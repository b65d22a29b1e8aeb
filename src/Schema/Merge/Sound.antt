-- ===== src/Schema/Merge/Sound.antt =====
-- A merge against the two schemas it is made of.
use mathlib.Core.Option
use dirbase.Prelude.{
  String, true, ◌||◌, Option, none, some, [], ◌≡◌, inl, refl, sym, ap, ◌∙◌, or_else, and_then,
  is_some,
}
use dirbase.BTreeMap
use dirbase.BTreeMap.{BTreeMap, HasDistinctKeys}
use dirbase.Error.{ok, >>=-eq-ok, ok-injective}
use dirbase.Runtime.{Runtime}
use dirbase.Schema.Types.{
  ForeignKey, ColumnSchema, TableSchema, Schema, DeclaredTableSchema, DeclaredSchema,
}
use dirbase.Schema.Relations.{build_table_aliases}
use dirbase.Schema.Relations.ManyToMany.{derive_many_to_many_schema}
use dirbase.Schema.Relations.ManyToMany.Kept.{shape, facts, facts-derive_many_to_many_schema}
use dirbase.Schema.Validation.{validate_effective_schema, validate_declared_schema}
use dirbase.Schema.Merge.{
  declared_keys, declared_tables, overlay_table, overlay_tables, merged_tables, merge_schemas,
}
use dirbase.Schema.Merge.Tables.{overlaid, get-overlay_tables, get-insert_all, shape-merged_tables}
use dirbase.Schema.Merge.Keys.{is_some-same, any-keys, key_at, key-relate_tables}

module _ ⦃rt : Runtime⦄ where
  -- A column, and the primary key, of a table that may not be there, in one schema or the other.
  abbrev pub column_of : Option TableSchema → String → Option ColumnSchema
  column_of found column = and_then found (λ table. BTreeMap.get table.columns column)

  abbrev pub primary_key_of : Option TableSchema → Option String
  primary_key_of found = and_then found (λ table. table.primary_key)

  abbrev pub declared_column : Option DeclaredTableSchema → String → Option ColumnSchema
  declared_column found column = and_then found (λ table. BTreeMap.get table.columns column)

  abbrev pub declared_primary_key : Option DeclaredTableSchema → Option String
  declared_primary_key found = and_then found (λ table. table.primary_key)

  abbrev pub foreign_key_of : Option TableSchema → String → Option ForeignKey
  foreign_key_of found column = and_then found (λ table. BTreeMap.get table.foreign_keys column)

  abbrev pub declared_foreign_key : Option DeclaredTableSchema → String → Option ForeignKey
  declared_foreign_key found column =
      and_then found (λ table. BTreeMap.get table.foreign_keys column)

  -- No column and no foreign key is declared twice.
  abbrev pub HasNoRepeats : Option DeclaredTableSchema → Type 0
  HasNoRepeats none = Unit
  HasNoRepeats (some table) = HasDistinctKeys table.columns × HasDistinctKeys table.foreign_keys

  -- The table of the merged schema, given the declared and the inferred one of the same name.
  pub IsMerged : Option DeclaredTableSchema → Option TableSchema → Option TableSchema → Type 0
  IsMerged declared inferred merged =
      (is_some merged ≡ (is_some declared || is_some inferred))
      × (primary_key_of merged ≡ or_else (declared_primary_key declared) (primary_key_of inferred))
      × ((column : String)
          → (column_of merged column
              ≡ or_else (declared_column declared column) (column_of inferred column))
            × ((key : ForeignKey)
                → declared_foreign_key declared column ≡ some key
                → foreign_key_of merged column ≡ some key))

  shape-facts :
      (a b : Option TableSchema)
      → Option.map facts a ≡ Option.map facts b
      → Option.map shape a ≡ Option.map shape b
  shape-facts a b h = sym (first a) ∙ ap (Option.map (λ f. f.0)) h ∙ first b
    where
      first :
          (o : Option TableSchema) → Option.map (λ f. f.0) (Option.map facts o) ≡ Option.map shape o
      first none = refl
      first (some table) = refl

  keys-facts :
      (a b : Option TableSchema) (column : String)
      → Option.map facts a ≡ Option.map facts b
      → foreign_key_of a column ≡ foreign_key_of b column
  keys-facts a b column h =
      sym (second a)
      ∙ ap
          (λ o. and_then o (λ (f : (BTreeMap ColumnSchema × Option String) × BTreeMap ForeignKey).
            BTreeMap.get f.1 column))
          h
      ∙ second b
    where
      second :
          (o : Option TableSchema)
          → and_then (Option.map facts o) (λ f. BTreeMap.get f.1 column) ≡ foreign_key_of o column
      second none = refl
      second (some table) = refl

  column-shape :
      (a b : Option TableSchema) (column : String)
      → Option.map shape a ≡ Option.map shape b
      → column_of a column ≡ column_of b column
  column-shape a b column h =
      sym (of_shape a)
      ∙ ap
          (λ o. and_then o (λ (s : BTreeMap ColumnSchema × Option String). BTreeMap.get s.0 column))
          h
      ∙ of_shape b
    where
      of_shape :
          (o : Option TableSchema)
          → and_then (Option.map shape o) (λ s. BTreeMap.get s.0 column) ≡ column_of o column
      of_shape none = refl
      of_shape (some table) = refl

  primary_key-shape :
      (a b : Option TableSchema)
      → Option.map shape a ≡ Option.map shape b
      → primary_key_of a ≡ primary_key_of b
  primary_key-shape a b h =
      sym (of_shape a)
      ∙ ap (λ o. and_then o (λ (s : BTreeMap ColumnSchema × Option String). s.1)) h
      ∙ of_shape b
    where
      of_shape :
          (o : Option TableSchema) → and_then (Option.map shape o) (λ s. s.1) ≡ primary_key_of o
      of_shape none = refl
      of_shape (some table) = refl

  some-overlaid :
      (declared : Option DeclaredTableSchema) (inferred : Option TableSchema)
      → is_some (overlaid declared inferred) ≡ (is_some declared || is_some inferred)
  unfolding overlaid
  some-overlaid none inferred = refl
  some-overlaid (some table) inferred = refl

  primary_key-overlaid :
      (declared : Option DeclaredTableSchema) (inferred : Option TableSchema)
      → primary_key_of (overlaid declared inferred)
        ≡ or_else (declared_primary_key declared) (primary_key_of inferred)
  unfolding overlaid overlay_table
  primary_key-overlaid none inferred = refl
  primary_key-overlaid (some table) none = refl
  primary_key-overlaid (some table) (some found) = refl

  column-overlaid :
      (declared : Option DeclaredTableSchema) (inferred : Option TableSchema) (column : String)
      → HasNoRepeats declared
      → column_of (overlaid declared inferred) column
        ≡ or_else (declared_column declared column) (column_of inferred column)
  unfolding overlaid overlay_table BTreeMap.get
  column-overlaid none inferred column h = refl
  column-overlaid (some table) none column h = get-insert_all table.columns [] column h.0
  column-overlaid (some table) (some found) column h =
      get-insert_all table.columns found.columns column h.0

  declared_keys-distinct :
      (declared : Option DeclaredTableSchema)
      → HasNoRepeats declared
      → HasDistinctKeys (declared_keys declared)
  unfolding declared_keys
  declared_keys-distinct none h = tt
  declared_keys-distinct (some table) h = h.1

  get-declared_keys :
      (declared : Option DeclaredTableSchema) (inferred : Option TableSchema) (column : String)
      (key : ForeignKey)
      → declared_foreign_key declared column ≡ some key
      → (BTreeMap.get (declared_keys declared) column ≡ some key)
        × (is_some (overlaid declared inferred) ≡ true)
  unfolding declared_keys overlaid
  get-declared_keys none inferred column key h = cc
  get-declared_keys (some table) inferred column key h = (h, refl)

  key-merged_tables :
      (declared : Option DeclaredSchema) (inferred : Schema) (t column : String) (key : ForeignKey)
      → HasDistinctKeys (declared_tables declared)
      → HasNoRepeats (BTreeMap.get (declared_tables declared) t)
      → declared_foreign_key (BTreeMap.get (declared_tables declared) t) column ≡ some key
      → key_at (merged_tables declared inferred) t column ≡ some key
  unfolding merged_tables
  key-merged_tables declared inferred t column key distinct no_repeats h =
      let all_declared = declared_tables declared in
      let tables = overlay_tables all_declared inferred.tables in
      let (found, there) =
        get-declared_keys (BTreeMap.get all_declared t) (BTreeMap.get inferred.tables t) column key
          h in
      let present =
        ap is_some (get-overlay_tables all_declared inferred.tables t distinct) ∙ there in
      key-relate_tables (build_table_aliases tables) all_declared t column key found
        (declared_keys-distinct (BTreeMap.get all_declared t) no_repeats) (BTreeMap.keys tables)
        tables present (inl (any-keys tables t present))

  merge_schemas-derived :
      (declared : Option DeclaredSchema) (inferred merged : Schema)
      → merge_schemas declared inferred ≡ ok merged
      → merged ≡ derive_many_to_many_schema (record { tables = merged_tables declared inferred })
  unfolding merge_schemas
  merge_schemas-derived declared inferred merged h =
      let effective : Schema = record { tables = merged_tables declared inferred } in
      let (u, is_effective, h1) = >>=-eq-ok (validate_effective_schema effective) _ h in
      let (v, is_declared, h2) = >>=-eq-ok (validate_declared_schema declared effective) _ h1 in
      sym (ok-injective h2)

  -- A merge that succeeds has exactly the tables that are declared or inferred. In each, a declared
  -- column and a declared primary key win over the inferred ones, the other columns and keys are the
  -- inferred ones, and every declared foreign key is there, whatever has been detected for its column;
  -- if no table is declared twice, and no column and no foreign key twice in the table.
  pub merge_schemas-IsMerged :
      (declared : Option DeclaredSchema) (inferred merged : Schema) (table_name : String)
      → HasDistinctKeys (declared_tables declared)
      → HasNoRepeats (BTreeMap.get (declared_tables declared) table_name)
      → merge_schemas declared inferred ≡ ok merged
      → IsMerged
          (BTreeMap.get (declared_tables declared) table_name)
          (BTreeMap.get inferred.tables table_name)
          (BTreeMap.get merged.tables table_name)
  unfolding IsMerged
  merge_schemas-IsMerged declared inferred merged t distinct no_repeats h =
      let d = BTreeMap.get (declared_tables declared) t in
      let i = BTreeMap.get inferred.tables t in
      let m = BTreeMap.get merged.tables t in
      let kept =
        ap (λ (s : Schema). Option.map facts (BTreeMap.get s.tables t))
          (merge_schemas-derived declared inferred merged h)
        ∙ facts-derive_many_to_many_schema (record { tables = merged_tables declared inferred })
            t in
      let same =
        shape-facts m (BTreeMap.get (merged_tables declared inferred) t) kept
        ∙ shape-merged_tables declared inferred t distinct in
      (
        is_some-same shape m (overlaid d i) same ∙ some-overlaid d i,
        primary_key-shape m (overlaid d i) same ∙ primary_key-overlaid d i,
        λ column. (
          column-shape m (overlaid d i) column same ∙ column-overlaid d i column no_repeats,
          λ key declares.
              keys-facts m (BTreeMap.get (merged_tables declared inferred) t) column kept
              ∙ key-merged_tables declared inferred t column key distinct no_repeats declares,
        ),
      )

===

Exercise details
Search the entries for the word "Sound". Copy every line where it occurs.

Answer to this problem
filename src/Schema/Merge/Sound.antt
-- ===== src/Schema/Merge/Sound.antt =====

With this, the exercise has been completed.